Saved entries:
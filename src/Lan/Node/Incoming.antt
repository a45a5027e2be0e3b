-- ===== src/Lan/Node/Incoming.antt =====
-- Incoming connections of crates/cled-lan/src/node.rs: the preamble and what it leads to.
use cled.Common.{
  Bool, List, Option, [], if◌then◌else◌, leb, length, list_eq, nat_eq, none, not, some, take, true,
  ℕ, ◌++◌, ◌==◌, ◌||◌, ◌∷◌,
}
use cled.Common.Bytes.{to_be_bytes, from_be_bytes}
use cled.Sync.Item.{DeviceId}
use cled.Lan.Addr.{SocketAddr}
use cled.Lan.Error.{Result, ok, err, malformed, io}

abbrev magic : List ℕ
magic = b'C' ∷ b'L' ∷ b'E' ∷ b'D' ∷ []

abbrev preamble_version : ℕ
preamble_version = 1

abbrev kind_session : ℕ
kind_session = 1

abbrev kind_pairing : ℕ
kind_pairing = 2

-- Where a connection came from: an address, or a tunnel that this device is said to have opened.
pub data Origin : Type 0 where
  tcp : SocketAddr → Origin
  tunnel : DeviceId → Origin

unfoldable pub preamble : ℕ → DeviceId → List ℕ
preamble kind device = magic ++ (preamble_version ∷ kind ∷ to_be_bytes 16 device)

unfoldable session_prologue : DeviceId → DeviceId → List ℕ
session_prologue initiator responder =
    (b'c' ∷ b'l' ∷ b'e' ∷ b'd' ∷ b'-' ∷ b's' ∷ b'e' ∷ b's' ∷ b's' ∷ b'i' ∷ b'o' ∷ b'n' ∷ b'-' ∷ b'v'
      ∷ b'1' ∷ [])
    ++ (to_be_bytes 16 initiator ++ to_be_bytes 16 responder)

unfoldable pub pairing_prologue : DeviceId → DeviceId → List ℕ
pairing_prologue listener joiner =
    (b'c' ∷ b'l' ∷ b'e' ∷ b'd' ∷ b'-' ∷ b'p' ∷ b'a' ∷ b'i' ∷ b'r' ∷ b'-' ∷ b'v' ∷ b'1' ∷ [])
    ++ (to_be_bytes 16 listener ++ to_be_bytes 16 joiner)

-- What an incoming connection asks for: the sender, and the address it came from over TCP.
pub data Request : Type 0 where
  session : Option SocketAddr → DeviceId → Request
  pairing : Option SocketAddr → DeviceId → Request

abbrev address_of : Origin → Option SocketAddr
address_of (tcp a) = some a
address_of (tunnel opener) = none

abbrev is_opener : Origin → DeviceId → Bool
is_opener (tcp a) sender = true
is_opener (tunnel opener) sender = opener == sender

-- The `match` of `handle_incoming`.
unfoldable pub dispatch : ℕ → Origin → DeviceId → Result Request
dispatch kind origin sender =
    if not (is_opener origin sender)
    then err malformed
    else if kind == kind_session
    then ok (session (address_of origin) sender)
    else if kind == kind_pairing
    then ok (pairing (address_of origin) sender)
    else err malformed

-- `handle_incoming` up to the call it makes, on the bytes that have come on the stream.
unfoldable pub handle_incoming : DeviceId → List ℕ → Origin → Result Request
handle_incoming me [] origin = err io
handle_incoming me (a ∷ []) origin = err io
handle_incoming me (a ∷ b ∷ []) origin = err io
handle_incoming me (a ∷ b ∷ c ∷ []) origin = err io
handle_incoming me (a ∷ b ∷ c ∷ d ∷ []) origin = err io
handle_incoming me (a ∷ b ∷ c ∷ d ∷ version ∷ []) origin = err io
handle_incoming me (a ∷ b ∷ c ∷ d ∷ version ∷ kind ∷ rest) origin =
    if not (leb 16 (length rest))
    then err io
    else if not ((a ∷ b ∷ c ∷ d ∷ []) == magic) || not (version == preamble_version)
    then err malformed
    else let sender = from_be_bytes (take 16 rest) in
      if sender == me then err malformed else dispatch kind origin sender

- _Task item_:
Reproduce only the lines above, starting at the line with "preamble_version = 1" and ending at the line with "kind ∷ rest)", exactly as written.

- _Response to this task_:
preamble_version = 1

abbrev kind_session : ℕ
kind_session = 1

abbrev kind_pairing : ℕ
kind_pairing = 2

-- Where a connection came from: an address, or a tunnel that this device is said to have opened.
pub data Origin : Type 0 where
  tcp : SocketAddr → Origin
  tunnel : DeviceId → Origin

unfoldable pub preamble : ℕ → DeviceId → List ℕ
preamble kind device = magic ++ (preamble_version ∷ kind ∷ to_be_bytes 16 device)

unfoldable session_prologue : DeviceId → DeviceId → List ℕ
session_prologue initiator responder =
    (b'c' ∷ b'l' ∷ b'e' ∷ b'd' ∷ b'-' ∷ b's' ∷ b'e' ∷ b's' ∷ b's' ∷ b'i' ∷ b'o' ∷ b'n' ∷ b'-' ∷ b'v'
      ∷ b'1' ∷ [])
    ++ (to_be_bytes 16 initiator ++ to_be_bytes 16 responder)

unfoldable pub pairing_prologue : DeviceId → DeviceId → List ℕ
pairing_prologue listener joiner =
    (b'c' ∷ b'l' ∷ b'e' ∷ b'd' ∷ b'-' ∷ b'p' ∷ b'a' ∷ b'i' ∷ b'r' ∷ b'-' ∷ b'v' ∷ b'1' ∷ [])
    ++ (to_be_bytes 16 listener ++ to_be_bytes 16 joiner)

-- What an incoming connection asks for: the sender, and the address it came from over TCP.
pub data Request : Type 0 where
  session : Option SocketAddr → DeviceId → Request
  pairing : Option SocketAddr → DeviceId → Request

abbrev address_of : Origin → Option SocketAddr
address_of (tcp a) = some a
address_of (tunnel opener) = none

abbrev is_opener : Origin → DeviceId → Bool
is_opener (tcp a) sender = true
is_opener (tunnel opener) sender = opener == sender

-- The `match` of `handle_incoming`.
unfoldable pub dispatch : ℕ → Origin → DeviceId → Result Request
dispatch kind origin sender =
    if not (is_opener origin sender)
    then err malformed
    else if kind == kind_session
    then ok (session (address_of origin) sender)
    else if kind == kind_pairing
    then ok (pairing (address_of origin) sender)
    else err malformed

-- `handle_incoming` up to the call it makes, on the bytes that have come on the stream.
unfoldable pub handle_incoming : DeviceId → List ℕ → Origin → Result Request
handle_incoming me [] origin = err io
handle_incoming me (a ∷ []) origin = err io
handle_incoming me (a ∷ b ∷ []) origin = err io
handle_incoming me (a ∷ b ∷ c ∷ []) origin = err io
handle_incoming me (a ∷ b ∷ c ∷ d ∷ []) origin = err io
handle_incoming me (a ∷ b ∷ c ∷ d ∷ version ∷ []) origin = err io
handle_incoming me (a ∷ b ∷ c ∷ d ∷ version ∷ kind ∷ rest) origin =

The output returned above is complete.